# How to complete this task
Below are some records. Print exactly the lines between the one holding "filename src/TextPositions/Search.antt" and the one holding "starts_from-IsAfter i [] = tt", inclusive, and nothing else.

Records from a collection
+===+
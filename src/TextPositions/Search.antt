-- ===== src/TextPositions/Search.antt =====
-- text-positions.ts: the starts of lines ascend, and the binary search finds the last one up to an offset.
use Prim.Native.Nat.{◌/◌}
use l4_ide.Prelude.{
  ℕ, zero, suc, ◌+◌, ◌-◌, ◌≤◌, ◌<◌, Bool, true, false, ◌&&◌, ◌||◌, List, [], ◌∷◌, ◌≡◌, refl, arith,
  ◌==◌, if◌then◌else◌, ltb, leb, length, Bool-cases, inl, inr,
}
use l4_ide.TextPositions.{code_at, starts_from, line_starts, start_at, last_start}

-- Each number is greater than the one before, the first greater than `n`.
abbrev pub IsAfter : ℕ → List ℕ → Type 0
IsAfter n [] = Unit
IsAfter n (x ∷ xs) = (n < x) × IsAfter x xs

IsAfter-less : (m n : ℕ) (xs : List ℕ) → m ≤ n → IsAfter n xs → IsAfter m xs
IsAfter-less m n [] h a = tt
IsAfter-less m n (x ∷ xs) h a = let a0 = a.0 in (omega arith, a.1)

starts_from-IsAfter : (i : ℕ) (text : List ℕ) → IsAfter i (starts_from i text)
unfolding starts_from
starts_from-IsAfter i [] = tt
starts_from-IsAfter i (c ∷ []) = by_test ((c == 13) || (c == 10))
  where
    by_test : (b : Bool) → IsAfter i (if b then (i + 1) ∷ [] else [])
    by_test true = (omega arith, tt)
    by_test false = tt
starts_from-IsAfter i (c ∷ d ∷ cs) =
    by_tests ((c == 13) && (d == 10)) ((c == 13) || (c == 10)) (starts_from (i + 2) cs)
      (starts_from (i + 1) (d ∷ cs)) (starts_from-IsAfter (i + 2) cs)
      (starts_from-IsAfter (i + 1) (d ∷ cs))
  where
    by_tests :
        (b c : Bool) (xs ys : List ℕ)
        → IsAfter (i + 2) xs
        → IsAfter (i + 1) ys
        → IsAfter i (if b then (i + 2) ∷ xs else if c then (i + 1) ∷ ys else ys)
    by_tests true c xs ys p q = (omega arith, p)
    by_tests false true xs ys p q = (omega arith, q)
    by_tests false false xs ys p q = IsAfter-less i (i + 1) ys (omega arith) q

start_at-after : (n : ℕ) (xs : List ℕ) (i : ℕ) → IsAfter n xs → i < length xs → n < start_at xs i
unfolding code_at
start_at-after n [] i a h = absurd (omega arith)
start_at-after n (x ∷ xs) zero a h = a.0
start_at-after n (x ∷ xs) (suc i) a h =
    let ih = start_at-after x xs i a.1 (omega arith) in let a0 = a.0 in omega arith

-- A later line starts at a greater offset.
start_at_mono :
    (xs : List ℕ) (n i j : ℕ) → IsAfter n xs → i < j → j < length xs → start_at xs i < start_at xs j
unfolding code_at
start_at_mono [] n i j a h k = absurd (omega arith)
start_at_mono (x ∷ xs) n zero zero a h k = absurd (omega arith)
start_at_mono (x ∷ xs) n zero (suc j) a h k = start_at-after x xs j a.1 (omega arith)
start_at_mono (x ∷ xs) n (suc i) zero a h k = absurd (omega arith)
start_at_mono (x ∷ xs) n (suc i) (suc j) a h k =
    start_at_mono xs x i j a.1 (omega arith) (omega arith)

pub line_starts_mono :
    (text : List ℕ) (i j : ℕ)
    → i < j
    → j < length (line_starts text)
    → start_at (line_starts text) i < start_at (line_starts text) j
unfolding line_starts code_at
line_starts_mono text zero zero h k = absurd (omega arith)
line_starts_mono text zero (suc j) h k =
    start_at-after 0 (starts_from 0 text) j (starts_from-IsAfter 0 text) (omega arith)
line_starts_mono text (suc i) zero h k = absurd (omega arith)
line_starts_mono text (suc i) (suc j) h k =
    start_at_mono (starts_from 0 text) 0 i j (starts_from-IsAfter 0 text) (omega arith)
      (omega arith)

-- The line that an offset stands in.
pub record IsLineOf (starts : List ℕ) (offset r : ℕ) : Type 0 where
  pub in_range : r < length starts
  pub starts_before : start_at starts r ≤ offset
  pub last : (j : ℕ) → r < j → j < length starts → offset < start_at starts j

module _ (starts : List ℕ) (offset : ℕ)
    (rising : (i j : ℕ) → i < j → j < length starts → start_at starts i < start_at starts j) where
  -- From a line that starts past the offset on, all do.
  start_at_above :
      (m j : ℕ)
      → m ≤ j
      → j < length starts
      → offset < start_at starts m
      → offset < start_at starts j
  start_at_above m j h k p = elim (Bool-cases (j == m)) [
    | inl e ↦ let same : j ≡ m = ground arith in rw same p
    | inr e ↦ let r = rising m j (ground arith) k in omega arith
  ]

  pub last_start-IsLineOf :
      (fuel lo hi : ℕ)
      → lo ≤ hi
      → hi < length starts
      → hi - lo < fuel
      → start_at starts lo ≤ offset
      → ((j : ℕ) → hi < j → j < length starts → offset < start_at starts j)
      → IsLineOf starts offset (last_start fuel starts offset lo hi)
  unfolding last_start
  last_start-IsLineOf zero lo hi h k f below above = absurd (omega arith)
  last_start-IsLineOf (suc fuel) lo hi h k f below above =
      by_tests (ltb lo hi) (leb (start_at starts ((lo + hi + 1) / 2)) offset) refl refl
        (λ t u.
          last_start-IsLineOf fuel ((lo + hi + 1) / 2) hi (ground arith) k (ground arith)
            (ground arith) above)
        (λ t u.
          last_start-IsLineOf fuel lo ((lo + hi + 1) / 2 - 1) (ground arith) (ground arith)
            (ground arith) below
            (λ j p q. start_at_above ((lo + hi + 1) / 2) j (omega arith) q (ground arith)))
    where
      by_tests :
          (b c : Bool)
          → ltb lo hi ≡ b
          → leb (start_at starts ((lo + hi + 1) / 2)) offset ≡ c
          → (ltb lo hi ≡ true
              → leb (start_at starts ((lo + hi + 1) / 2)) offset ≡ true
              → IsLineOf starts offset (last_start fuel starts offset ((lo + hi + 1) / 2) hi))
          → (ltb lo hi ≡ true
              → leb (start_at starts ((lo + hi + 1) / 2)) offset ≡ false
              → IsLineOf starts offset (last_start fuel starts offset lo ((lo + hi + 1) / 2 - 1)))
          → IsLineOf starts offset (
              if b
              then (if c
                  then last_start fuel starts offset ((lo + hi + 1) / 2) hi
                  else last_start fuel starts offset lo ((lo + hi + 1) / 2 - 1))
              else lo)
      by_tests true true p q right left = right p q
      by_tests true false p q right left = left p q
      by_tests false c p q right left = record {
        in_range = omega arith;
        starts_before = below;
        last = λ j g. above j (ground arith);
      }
+===+
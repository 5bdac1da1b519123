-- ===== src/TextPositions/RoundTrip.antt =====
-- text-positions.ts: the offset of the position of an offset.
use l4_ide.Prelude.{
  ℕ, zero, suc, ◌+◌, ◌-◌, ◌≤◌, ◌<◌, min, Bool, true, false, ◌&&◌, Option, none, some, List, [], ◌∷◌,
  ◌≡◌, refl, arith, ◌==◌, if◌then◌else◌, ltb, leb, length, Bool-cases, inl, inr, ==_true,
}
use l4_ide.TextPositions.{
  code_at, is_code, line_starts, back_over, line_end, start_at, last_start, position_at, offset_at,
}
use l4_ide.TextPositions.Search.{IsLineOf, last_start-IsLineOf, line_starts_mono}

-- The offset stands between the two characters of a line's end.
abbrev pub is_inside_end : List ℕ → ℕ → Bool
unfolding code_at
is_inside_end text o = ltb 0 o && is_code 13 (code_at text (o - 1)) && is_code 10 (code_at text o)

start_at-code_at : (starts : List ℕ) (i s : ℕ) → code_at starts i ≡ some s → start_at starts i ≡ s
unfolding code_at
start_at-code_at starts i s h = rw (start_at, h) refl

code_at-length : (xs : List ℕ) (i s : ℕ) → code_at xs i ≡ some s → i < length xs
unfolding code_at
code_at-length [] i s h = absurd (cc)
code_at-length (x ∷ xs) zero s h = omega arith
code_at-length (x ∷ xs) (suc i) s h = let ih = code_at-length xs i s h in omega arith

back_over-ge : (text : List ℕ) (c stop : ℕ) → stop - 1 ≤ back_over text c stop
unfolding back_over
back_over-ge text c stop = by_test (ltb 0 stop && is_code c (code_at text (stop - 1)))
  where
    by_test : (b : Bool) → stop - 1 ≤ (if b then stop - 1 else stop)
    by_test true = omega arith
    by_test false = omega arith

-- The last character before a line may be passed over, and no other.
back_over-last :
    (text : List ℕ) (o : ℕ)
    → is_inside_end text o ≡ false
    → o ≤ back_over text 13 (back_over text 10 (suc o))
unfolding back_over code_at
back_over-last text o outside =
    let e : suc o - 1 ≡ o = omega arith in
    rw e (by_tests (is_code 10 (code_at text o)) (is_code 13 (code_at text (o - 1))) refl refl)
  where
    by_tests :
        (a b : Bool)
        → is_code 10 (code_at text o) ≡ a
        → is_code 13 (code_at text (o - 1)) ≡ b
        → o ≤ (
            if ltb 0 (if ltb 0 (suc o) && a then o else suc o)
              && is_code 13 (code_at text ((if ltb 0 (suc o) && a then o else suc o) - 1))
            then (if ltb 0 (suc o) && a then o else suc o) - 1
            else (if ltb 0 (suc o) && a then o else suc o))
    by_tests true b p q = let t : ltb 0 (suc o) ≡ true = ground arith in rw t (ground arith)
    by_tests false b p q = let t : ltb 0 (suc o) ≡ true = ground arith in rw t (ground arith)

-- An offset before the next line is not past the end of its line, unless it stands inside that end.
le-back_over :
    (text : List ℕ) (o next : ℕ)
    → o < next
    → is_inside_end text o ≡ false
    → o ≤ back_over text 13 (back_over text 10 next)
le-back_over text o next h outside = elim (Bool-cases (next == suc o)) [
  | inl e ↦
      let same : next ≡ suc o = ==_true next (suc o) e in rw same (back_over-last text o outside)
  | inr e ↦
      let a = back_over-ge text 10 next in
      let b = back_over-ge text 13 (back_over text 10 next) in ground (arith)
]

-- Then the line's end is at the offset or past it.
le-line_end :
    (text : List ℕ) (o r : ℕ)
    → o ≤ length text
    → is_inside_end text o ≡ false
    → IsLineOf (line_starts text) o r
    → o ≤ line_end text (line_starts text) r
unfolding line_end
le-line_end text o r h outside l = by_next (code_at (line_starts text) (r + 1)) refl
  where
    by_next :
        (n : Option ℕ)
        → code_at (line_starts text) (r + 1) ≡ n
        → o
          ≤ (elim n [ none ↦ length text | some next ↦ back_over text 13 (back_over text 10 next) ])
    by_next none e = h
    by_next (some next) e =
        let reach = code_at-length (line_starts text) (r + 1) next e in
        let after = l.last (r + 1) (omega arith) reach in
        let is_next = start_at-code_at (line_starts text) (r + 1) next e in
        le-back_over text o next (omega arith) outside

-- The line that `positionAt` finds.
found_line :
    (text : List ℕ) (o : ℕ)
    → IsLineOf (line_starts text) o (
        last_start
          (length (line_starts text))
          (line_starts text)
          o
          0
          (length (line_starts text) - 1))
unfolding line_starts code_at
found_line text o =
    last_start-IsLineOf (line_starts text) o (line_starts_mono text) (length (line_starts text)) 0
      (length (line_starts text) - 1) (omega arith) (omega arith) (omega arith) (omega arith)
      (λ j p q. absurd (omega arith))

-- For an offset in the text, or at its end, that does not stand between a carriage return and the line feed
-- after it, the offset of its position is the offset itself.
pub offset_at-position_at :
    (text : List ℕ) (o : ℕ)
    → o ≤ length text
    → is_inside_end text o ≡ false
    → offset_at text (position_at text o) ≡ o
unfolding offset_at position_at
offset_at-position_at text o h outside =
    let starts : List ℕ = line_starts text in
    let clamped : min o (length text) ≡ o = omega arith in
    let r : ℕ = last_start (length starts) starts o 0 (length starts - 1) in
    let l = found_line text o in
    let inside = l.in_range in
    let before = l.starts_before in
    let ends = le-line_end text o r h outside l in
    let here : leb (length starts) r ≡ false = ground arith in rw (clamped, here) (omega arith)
+===+
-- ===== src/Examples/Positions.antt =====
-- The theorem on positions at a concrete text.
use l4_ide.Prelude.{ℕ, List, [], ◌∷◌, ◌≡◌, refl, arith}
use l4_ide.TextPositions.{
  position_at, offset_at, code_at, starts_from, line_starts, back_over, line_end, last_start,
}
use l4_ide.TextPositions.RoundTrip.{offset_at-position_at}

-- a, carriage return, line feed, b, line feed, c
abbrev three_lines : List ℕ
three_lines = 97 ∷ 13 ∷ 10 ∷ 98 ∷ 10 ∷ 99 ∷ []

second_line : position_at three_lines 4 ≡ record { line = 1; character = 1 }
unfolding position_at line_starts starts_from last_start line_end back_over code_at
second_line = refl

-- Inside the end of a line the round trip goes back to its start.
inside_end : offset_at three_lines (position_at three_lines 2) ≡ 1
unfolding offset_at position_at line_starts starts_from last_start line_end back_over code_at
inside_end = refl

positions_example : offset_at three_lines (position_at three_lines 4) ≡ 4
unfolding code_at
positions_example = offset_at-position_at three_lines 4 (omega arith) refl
+===+
# Result of this exercise
filename src/TextPositions/Search.antt
-- ===== src/TextPositions/Search.antt =====
-- text-positions.ts: the starts of lines ascend, and the binary search finds the last one up to an offset.
use Prim.Native.Nat.{◌/◌}
use l4_ide.Prelude.{
  ℕ, zero, suc, ◌+◌, ◌-◌, ◌≤◌, ◌<◌, Bool, true, false, ◌&&◌, ◌||◌, List, [], ◌∷◌, ◌≡◌, refl, arith,
  ◌==◌, if◌then◌else◌, ltb, leb, length, Bool-cases, inl, inr,
}
use l4_ide.TextPositions.{code_at, starts_from, line_starts, start_at, last_start}

-- Each number is greater than the one before, the first greater than `n`.
abbrev pub IsAfter : ℕ → List ℕ → Type 0
IsAfter n [] = Unit
IsAfter n (x ∷ xs) = (n < x) × IsAfter x xs

IsAfter-less : (m n : ℕ) (xs : List ℕ) → m ≤ n → IsAfter n xs → IsAfter m xs
IsAfter-less m n [] h a = tt
IsAfter-less m n (x ∷ xs) h a = let a0 = a.0 in (omega arith, a.1)

starts_from-IsAfter : (i : ℕ) (text : List ℕ) → IsAfter i (starts_from i text)
unfolding starts_from
starts_from-IsAfter i [] = tt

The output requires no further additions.